* _What this task involves_: Tally up the lines below that contain the word "false" and give the total alone.

[Saved entries]
-- Opening Marker --

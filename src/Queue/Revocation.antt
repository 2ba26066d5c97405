-- ===== src/Queue/Revocation.antt =====
-- A handle whose slot the tick took away.
use assist.Queue.Defs.{Queue, release_if_holder}
use assist.Queue.Acquire.{
  Request, acquire_start, acquire_wake, acquire_abort, acquire_exit, take_slot, park, wait_turn,
  reentrant_holder, busy, turn_of, pop_left, new_handle,
}
use assist.Queue.Tick.{on_tick}
use assist.Queue.Control.{pop_hold, promote, request_pause, is_empty, of_thread}
use assist.Queue.System.{
  System, Step, Reach, IsIdle, start, wake, abort, exit, tick, drain, prefer, ask_pause, advance,
  here, next,
}
use assist.Base.{
  ℕ, String, true, false, ◌≡◌, ◌≢◌, Option, none, some, inl, inr, leb, Bool-cases, Option-cases,
  arith, keep, default_to, ◌==◌,
}

-- The slot's holder hasn't expired.
abbrev Unexpired : Queue → Type 0
Unexpired q = (h : ℕ) → q.holder ≡ some h → (q.handles h).expired ≡ false

take_slot-Unexpired : (r : Request) (now : ℕ) (q : Queue) → Unexpired (take_slot r now q).1
unfolding take_slot new_handle
take_slot-Unexpired r now q = elim (Bool-cases r.running_raises) [
  | inl e ↦ rw e (λ h p. ground arith)
  | inr e ↦ rw e (λ h p. ground arith)
]

wait_turn-Unexpired :
    (r : Request) (now : ℕ) (q : Queue) → Unexpired q → Unexpired (wait_turn r now q).1
unfolding wait_turn park
wait_turn-Unexpired r now q v =
    elim (Bool-cases (default_to q.default_wait_timeout r.wait_timeout == 0)) [
      | inl over ↦ rw over v
      | inr waits ↦
          rw waits
            (elim (Bool-cases r.user_priority) [ inl user ↦ rw user v | inr other ↦ rw other v ])
    ]

acquire_start-Unexpired :
    (r : Request) (ctx : Option ℕ) (now : ℕ) (q : Queue)
    → Unexpired q
    → Unexpired (acquire_start r ctx now q).1
unfolding acquire_start
acquire_start-Unexpired r ctx now q v = elim (Option-cases (reentrant_holder r.thread_id ctx q)) [
  | inr (h, e) ↦ rw (e, acquire_start) v
  | inl e ↦
      rw (e, acquire_start)
        (elim (Bool-cases (busy q)) [
          | inr free ↦ rw free (take_slot-Unexpired r now q)
          | inl taken ↦ rw taken (elim (Bool-cases r.queued_raises) [
            | inl raised ↦ simp raised v
            | inr told ↦ simp told (wait_turn-Unexpired r now q v)
          ])
        ])
]

acquire_wake-Unexpired :
    (r : Request) (i deadline now : ℕ) (q : Queue)
    → Unexpired q
    → Unexpired (acquire_wake r i deadline now q).1
unfolding acquire_wake acquire_abort
acquire_wake-Unexpired r i deadline now q v = elim (Option-cases (turn_of i q)) [
  | inr (w, e) ↦ rw (e, acquire_wake) (take_slot-Unexpired r now (pop_left w q))
  | inl e ↦
      rw (e, acquire_wake)
        (elim (Bool-cases (leb deadline now)) [ inl late ↦ rw late v | inr early ↦ rw early v ])
]

on_tick-Unexpired : (h now : ℕ) (q : Queue) → Unexpired q → Unexpired (on_tick h now q)
unfolding on_tick release_if_holder
on_tick-Unexpired h now q v = λ k p. ground (arith, v k)

acquire_exit-Unexpired :
    (tid : String) (h now : ℕ) (q : Queue) → Unexpired q → Unexpired (acquire_exit tid h now q)
unfolding acquire_exit release_if_holder
acquire_exit-Unexpired tid h now q v = λ k p. ground (arith, v k)

request_pause-Unexpired :
    (tid : String) (q : Queue) → Unexpired q → Unexpired (request_pause tid q).1
unfolding request_pause
request_pause-Unexpired tid q v = λ k p. ground (arith, v k)

promote-Unexpired : (tid : String) (q : Queue) → Unexpired q → Unexpired (promote tid q)
unfolding promote
promote-Unexpired tid q v =
    elim (Bool-cases (is_empty (keep (of_thread tid) q.background_waiters))) [
      | inl e ↦ rw e v
      | inr e ↦ rw e v
    ]

Step-Unexpired : {s t : System} → Step s t → Unexpired s.queue → Unexpired t.queue
unfolding pop_hold acquire_abort
Step-Unexpired (start r ctx) v = acquire_start-Unexpired r ctx _ _ v
Step-Unexpired (wake r i deadline) v = acquire_wake-Unexpired r i deadline _ _ v
Step-Unexpired (abort i) v = v
Step-Unexpired (exit tid h p) v = acquire_exit-Unexpired tid h _ _ v
Step-Unexpired (tick h) v = on_tick-Unexpired h _ _ v
Step-Unexpired (drain tid) v = v
Step-Unexpired (prefer tid) v = promote-Unexpired tid _ v
Step-Unexpired (ask_pause tid) v = request_pause-Unexpired tid _ v
Step-Unexpired (advance d) v = v

Reach-Unexpired : {s t : System} → IsIdle s → Reach s t → Unexpired t.queue
Reach-Unexpired v here = λ h p. ground (arith, v.0, p)
Reach-Unexpired v (next r st) = Step-Unexpired st (Reach-Unexpired v r)

-- A turn that the tick expired has lost the slot for good. From an idle system, whatever callers,
-- waiters, ticks and pauses do and in whatever order, an expired handle doesn't hold the slot; and
-- the exit of its thread then stops the handle's own tick and leaves the holder, both tiers, the
-- holds on record and every other handle as they are.
pub late_exit_harmless :
    {s t : System} (tid : String) (h k : ℕ)
    → IsIdle s
    → Reach s t
    → (t.queue.handles h).expired ≡ true
    → k ≢ h
    → let q = t.queue in
      let q' = acquire_exit tid h t.now q in
      (q.holder ≢ some h)
      × ((q'.handles h).timer ≡ none)
      × (q'.holder ≡ q.holder)
      × (q'.user_waiters ≡ q.user_waiters)
      × (q'.background_waiters ≡ q.background_waiters)
      × (q'.active_hold_ms ≡ q.active_hold_ms)
      × (q'.handles k ≡ q.handles k)
unfolding acquire_exit release_if_holder
late_exit_harmless {t} tid h k idle r expired other =
    let lost : t.queue.holder ≢ some h = λ held. ground (arith, Reach-Unexpired idle r h held) in
    (lost, ground arith, ground arith, ground arith, ground arith, ground arith, ground arith)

-- Closing Marker --

* _Answer to this problem_: 2